-- ===== src/Services.antt =====
-- The threads that repeat a step: ObserverHealthLoop of health.py, RedisSamplerLoop and
-- CeleryInspectSamplerLoop of the samplers, ActiveProbeLoop of active_probes.py and
-- _TransportFlushLoop of beat.py. They have the same start, the same stop, and nearly the same loop.
pub mod Rounds
pub mod Single
pub mod Stops
use celery_diagnostics_obser.Prelude.{
  ℕ, zero, suc, ◌+◌, Bool, true, false, ◌&&◌, not, List, [], ◌∷◌, String, str_eq, one_if,
  if◌then◌else◌,
}

-- `while not is_set(): body; wait(interval)`, or `while not wait(interval): body`.
pub data LoopKind : Type 0 where
  tests_first waits_first : LoopKind

-- Where a thread stands: at the condition of its loop, in the body, in the wait after the body, or
-- at its end.
pub data Phase : Type 0 where
  at_condition in_body waiting ended : Phase

-- The stop event, and all threads that were ever started, the last one (`self.thread`) first.
pub record ServiceState : Type 0 where
  pub stop_event : Bool
  pub threads : List Phase

abbrev pub is_alive : Phase → Bool
is_alive at_condition = true
is_alive in_body = true
is_alive waiting = true
is_alive ended = false

abbrev pub new_service : ServiceState
new_service = record { stop_event = false; threads = [] }

-- self.thread is not None and self.thread.is_alive()
abbrev pub last_alive : List Phase → Bool
last_alive [] = false
last_alive (phase ∷ phases) = is_alive phase

-- start; `allowed` is what else it asks for, such as a Redis broker for the sampler of queues
unfoldable pub start : Bool → ServiceState → ServiceState
start allowed s =
    if not allowed
    then s
    else if last_alive s.threads
    then s
    else record { stop_event = false; threads = at_condition ∷ s.threads }

-- stop; the join waits for at most two seconds, and changes nothing
unfoldable pub stop : ServiceState → ServiceState
stop s = record { stop_event = true; threads = s.threads }

-- One move of a thread. What the body raises is caught, so that the loop goes on after it.
unfoldable pub advance : LoopKind → Bool → Phase → Phase
advance kind is_set at_condition = if is_set then ended else in_body
advance tests_first is_set in_body = waiting
advance waits_first is_set in_body = at_condition
advance kind is_set waiting = at_condition
advance kind is_set ended = ended

-- The move of the thread number `n`, from the last one on.
unfoldable pub move : LoopKind → Bool → ℕ → List Phase → List Phase
unfolding advance
move kind is_set n [] = []
move kind is_set zero (phase ∷ phases) = advance kind is_set phase ∷ phases
move kind is_set (suc n) (phase ∷ phases) = phase ∷ move kind is_set n phases

pub data ServiceAction : Type 0 where
  starts stops : ServiceAction
  moves : ℕ → ServiceAction

unfoldable pub act : LoopKind → Bool → ServiceAction → ServiceState → ServiceState
unfolding start stop move
act kind allowed starts s = start allowed s
act kind allowed stops s = stop s
act kind allowed (moves n) s = record {
  stop_event = s.stop_event;
  threads = move kind s.stop_event n s.threads;
}

-- A history of calls and moves, in any order.
unfoldable pub history : LoopKind → Bool → List ServiceAction → ServiceState → ServiceState
unfolding act
history kind allowed [] s = s
history kind allowed (action ∷ actions) s = history kind allowed actions (act kind allowed action s)
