-- ===== src/Alerts/Conditions.antt =====
-- orchestration/alerts.py: the health conditions of a freshness report and of the latest runs.
use real_time_blockchain_ana.Prelude.{
  Bool, true, false, ◌&&◌, ◌||◌, Option, none, some, List, [], ◌∷◌, ◌++◌, if◌then◌else◌,
}
use real_time_blockchain_ana.Prelude.Int.{ℤ, pos, max_ℤ}
use real_time_blockchain_ana.Python.Text.{text_lt, Text, text_eq, codes}
use real_time_blockchain_ana.Python.Sort.{sorted}
use real_time_blockchain_ana.Sql.{select_where}
use real_time_blockchain_ana.Freshness.{
  fresh, stale, FreshnessDimension, transformation, FreshnessResult, FreshnessReport, ranking,
  max_by,
}
use real_time_blockchain_ana.Alerts.{
  HealthCondition, AlertReasonCode, source_position_lag, chainlink_feed_age, warehouse_refresh_age,
  mart_refresh_age, pipeline_failure,
}

-- `dict.get` on the entries in insertion order.
unfoldable pub lookup {ℓ} : {A : Type ℓ} → Text → List (Text × A) → Option A
lookup key [] = none
lookup key ((k, a) ∷ entries) =
    let rest = lookup key entries in if text_eq k key then some a else rest

-- `_FRESHNESS_ALERTS`
abbrev pub freshness_alerts : List (Text × (Text × AlertReasonCode))
freshness_alerts =
    (codes "aave_forward_source_position", (codes "freshness:aave_forward", source_position_lag))
    ∷ (
      codes "uniswap_forward_source_position",
      (codes "freshness:uniswap_forward", source_position_lag),
    )
    ∷ (
      codes "chainlink_forward_source_position",
      (codes "freshness:chainlink_global", source_position_lag),
    )
    ∷ (codes "chainlink_eth_usd", (codes "freshness:chainlink_eth_usd", chainlink_feed_age))
    ∷ (codes "chainlink_usdc_usd", (codes "freshness:chainlink_usdc_usd", chainlink_feed_age))
    ∷ (codes "chainlink_usdt_usd", (codes "freshness:chainlink_usdt_usd", chainlink_feed_age))
    ∷ (codes "chainlink_wbtc_usd", (codes "freshness:chainlink_wbtc_usd", chainlink_feed_age))
    ∷ (codes "daily_warehouse_load", (codes "freshness:daily_warehouse", warehouse_refresh_age))
    ∷ []

abbrev pub monitored_pipelines : List Text
monitored_pipelines =
    codes "aave_forward"
    ∷ codes "chainlink_forward"
    ∷ codes "uniswap_forward"
    ∷ codes "daily_warehouse_pipeline"
    ∷ []

-- `_condition`, with the entry that the check has in the table.
abbrev pub condition_of : FreshnessResult → Text × AlertReasonCode → HealthCondition
condition_of result (alert_key, reason_code) = record {
  alert_key = alert_key;
  check_name = result.check_name;
  pipeline_name = result.pipeline_name;
  reason_code = reason_code;
  state = result.state;
  current_value = result.observed_value;
  warning_threshold = result.threshold.warning;
  stale_threshold = result.threshold.stale;
}

abbrev pub listed :
    FreshnessResult → Option (Text × AlertReasonCode) → List HealthCondition → List HealthCondition
listed result none rest = rest
listed result (some entry) rest = condition_of result entry ∷ rest

-- The conditions of the results that block and that the table names.
unfoldable pub listed_conditions : List FreshnessResult → List HealthCondition
listed_conditions [] = []
listed_conditions (result ∷ results) =
    let rest = listed_conditions results in
    if result.blocking then listed result (lookup result.check_name freshness_alerts) rest else rest

abbrev pub is_transformation : FreshnessDimension → Bool
is_transformation transformation = true
is_transformation _ = false

-- `max(result.observed_value for result in marts)`
unfoldable pub largest_value : ℤ → List FreshnessResult → ℤ
largest_value best [] = best
largest_value best (result ∷ results) = largest_value (max_ℤ best result.observed_value) results

abbrev pub mart_conditions : List FreshnessResult → List HealthCondition
mart_conditions [] = []
mart_conditions (first ∷ marts) =
    let worst = max_by (λ result. ranking result.state) first marts in
    record {
      alert_key = codes "freshness:marts";
      check_name = codes "mart_transformations";
      pipeline_name = codes "daily_warehouse_pipeline";
      reason_code = mart_refresh_age;
      state = worst.state;
      current_value = largest_value first.observed_value marts;
      warning_threshold = worst.threshold.warning;
      stale_threshold = worst.threshold.stale;
    }
    ∷ []

unfoldable pub freshness_conditions : FreshnessReport → List HealthCondition
freshness_conditions report =
    sorted (λ a b. text_lt a.alert_key b.alert_key)
      (listed_conditions report.results
        ++ mart_conditions (
            select_where (λ result. result.blocking && is_transformation result.dimension)
              report.results))

abbrev pub failure_condition : Text → Bool → HealthCondition
failure_condition pipeline_name has_failed = record {
  alert_key = codes "pipeline_failure:" ++ pipeline_name;
  check_name = pipeline_name ++ codes "_execution";
  pipeline_name = pipeline_name;
  reason_code = pipeline_failure;
  state = if has_failed then stale else fresh;
  current_value = if has_failed then pos 1 else pos 0;
  warning_threshold = pos 0;
  stale_threshold = pos 1;
}

-- `status not in {"FAILED", "SUCCEEDED", "NO_OP"}`: no condition.
abbrev pub status_condition : Text → Option Text → List HealthCondition
status_condition pipeline_name none = []
status_condition pipeline_name (some status) =
    if text_eq status (codes "FAILED")
    then failure_condition pipeline_name true ∷ []
    else if text_eq status (codes "SUCCEEDED") || text_eq status (codes "NO_OP")
    then failure_condition pipeline_name false ∷ []
    else []

unfoldable pub failure_conditions : List (Text × Text) → List Text → List HealthCondition
failure_conditions statuses [] = []
failure_conditions statuses (pipeline_name ∷ pipelines) =
    status_condition pipeline_name (lookup pipeline_name statuses)
    ++ failure_conditions statuses pipelines

unfoldable pub pipeline_failure_conditions : List (Text × Text) → List HealthCondition
pipeline_failure_conditions statuses = failure_conditions statuses monitored_pipelines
══════════
**EXERCISE INSTRUCTIONS:** Starting at the line that contains "pub mod Single" and stopping after the line that contains "move kind is_set n [] = []", write out every line exactly as it appears above, and no other line.

**SOLUTION TO THIS PROBLEM:**
pub mod Single
pub mod Stops
use celery_diagnostics_obser.Prelude.{
  ℕ, zero, suc, ◌+◌, Bool, true, false, ◌&&◌, not, List, [], ◌∷◌, String, str_eq, one_if,
  if◌then◌else◌,
}

-- `while not is_set(): body; wait(interval)`, or `while not wait(interval): body`.
pub data LoopKind : Type 0 where
  tests_first waits_first : LoopKind

-- Where a thread stands: at the condition of its loop, in the body, in the wait after the body, or
-- at its end.
pub data Phase : Type 0 where
  at_condition in_body waiting ended : Phase

-- The stop event, and all threads that were ever started, the last one (`self.thread`) first.
pub record ServiceState : Type 0 where
  pub stop_event : Bool
  pub threads : List Phase

abbrev pub is_alive : Phase → Bool
is_alive at_condition = true
is_alive in_body = true
is_alive waiting = true
is_alive ended = false

abbrev pub new_service : ServiceState
new_service = record { stop_event = false; threads = [] }

-- self.thread is not None and self.thread.is_alive()
abbrev pub last_alive : List Phase → Bool
last_alive [] = false
last_alive (phase ∷ phases) = is_alive phase

-- start; `allowed` is what else it asks for, such as a Redis broker for the sampler of queues
unfoldable pub start : Bool → ServiceState → ServiceState
start allowed s =
    if not allowed
    then s
    else if last_alive s.threads
    then s
    else record { stop_event = false; threads = at_condition ∷ s.threads }

-- stop; the join waits for at most two seconds, and changes nothing
unfoldable pub stop : ServiceState → ServiceState
stop s = record { stop_event = true; threads = s.threads }

-- One move of a thread. What the body raises is caught, so that the loop goes on after it.
unfoldable pub advance : LoopKind → Bool → Phase → Phase
advance kind is_set at_condition = if is_set then ended else in_body
advance tests_first is_set in_body = waiting
advance waits_first is_set in_body = at_condition
advance kind is_set waiting = at_condition
advance kind is_set ended = ended

-- The move of the thread number `n`, from the last one on.
unfoldable pub move : LoopKind → Bool → ℕ → List Phase → List Phase
unfolding advance
move kind is_set n [] = []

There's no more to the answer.